Start of Provided material

-- ===== src/Runtime/Flows/Monitor/Halts.antt =====
-- A poll that raises (agent_ros/runtime/controller.py).
use ros2_agent_workflow.Common.{
  ◌≡◌, ◌≢◌, refl, ◌⊎◌, inl, inr, true, none, Result, ok, err, Bool-cases,
}
use ros2_agent_workflow.Safety.{running}
use ros2_agent_workflow.Runtime.Errors.{
  Raised, runtime_raised, adapter_raised, safety_raised, other_raised, audit_integrity_compromised,
  safety_error, timeout,
}
use ros2_agent_workflow.Runtime.Flows.{World, Runtime, AdapterStatus}
use ros2_agent_workflow.Runtime.Flows.Append.{append_latest_gateway_fault}
use ros2_agent_workflow.Runtime.Flows.Keeps.{Passive}
use ros2_agent_workflow.Runtime.Flows.Latches.{Halted}
use ros2_agent_workflow.Runtime.Flows.Ends.{
  Ends, Ends-err, bound-Ends, Ends-weaken, Ends-Halted, Audit, latest_fault-Audit,
}
use ros2_agent_workflow.Runtime.Flows.Monitor.{
  PollAnswers, latch_and_raise, poll_body, poll_handler, handled, poll_running, past_deadline,
}
use ros2_agent_workflow.Runtime.Flows.Monitor.Accounted.{
  Accounted, latch_and_raise-Halted, poll_body-Accounted,
}

abbrev Final : Raised → Runtime → Type 0
Final e rt = Halted rt.system.gateway ⊎ (e ≡ runtime_raised audit_integrity_compromised)

module _ (w : World) (a : PollAnswers) (q : Passive w) where
  latch_and_raise-Final :
      (A : Type 0) (e : Raised) (rt : Runtime) → Ends Final (latch_and_raise w a {A = A} e rt)
  latch_and_raise-Final A e rt =
      Ends-Halted Final (latch_and_raise w a {A = A} e rt) (λ e' rt' k. inl k)
        (latch_and_raise-Halted w a q A e rt)

  handler-Final :
      (A : Type 0) (e : Raised) (rt : Runtime)
      → Accounted e rt
      → Ends Final (poll_handler w a {A = A} e rt)
  unfolding poll_handler
  handler-Final A (adapter_raised code) rt h = latch_and_raise-Final A _ rt
  handler-Final A (safety_raised e) rt h =
      bound-Ends Final (append_latest_gateway_fault w rt)
        (λ _. latch_and_raise w a {A = A} (runtime_raised (safety_error e)))
        (Ends-weaken Audit Final (append_latest_gateway_fault w rt) (λ e' rt' k. inr k)
          (latest_fault-Audit w rt))
        (λ _ rt'. latch_and_raise-Final A (runtime_raised (safety_error e)) rt')
  handler-Final A (runtime_raised code) rt (inl h) = inl h
  handler-Final A (runtime_raised code) rt (inr h) = rw (h) (inr refl)
  handler-Final A other_raised rt h = latch_and_raise-Final A _ rt

  handled-Final :
      {A : Type 0} (o : Runtime × Result Raised A) → Ends Accounted o → Ends Final (handled w a o)
  unfolding handled
  handled-Final (rt, ok x) h = tt
  handled-Final (rt, err e) h = handler-Final _ e rt h

-- A poll of the monitor that raises leaves the gateway outside RUNNING, unless it raises the error of
-- the audit: whatever the adapter answers, as long as no other thread resets the gateway or starts a
-- task, and, for a next stage, the issuer gives a permit and it is current.
pub poll_running_halts :
    (w : World) (a : PollAnswers) (rt : Runtime)
    → Passive w
    → a.permit ≡ none
    → a.permit_is_current ≡ true
    → (e : Raised) → (poll_running w a rt).1 ≡ err e
    → ((poll_running w a rt).0.system.gateway.state ≢ running)
      ⊎ (e ≡ runtime_raised audit_integrity_compromised)
unfolding poll_running
poll_running_halts w a rt q p c e h =
    Ends-err Final (poll_running w a rt) e h
      (elim (Bool-cases (past_deadline rt.stage_deadline (w.turns rt.turn).clock)) [
        | inl d ↦ rw (d) (latch_and_raise-Final w a q AdapterStatus (runtime_raised timeout) rt)
        | inr d ↦ rw (d) (handled-Final w a q (poll_body w a rt) (poll_body-Accounted w a q p c rt))
      ])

End of Provided material

● Try it: In the entries above, how many lines include the word "weaken"? Only the number should be given.

● Response for this exercise: 2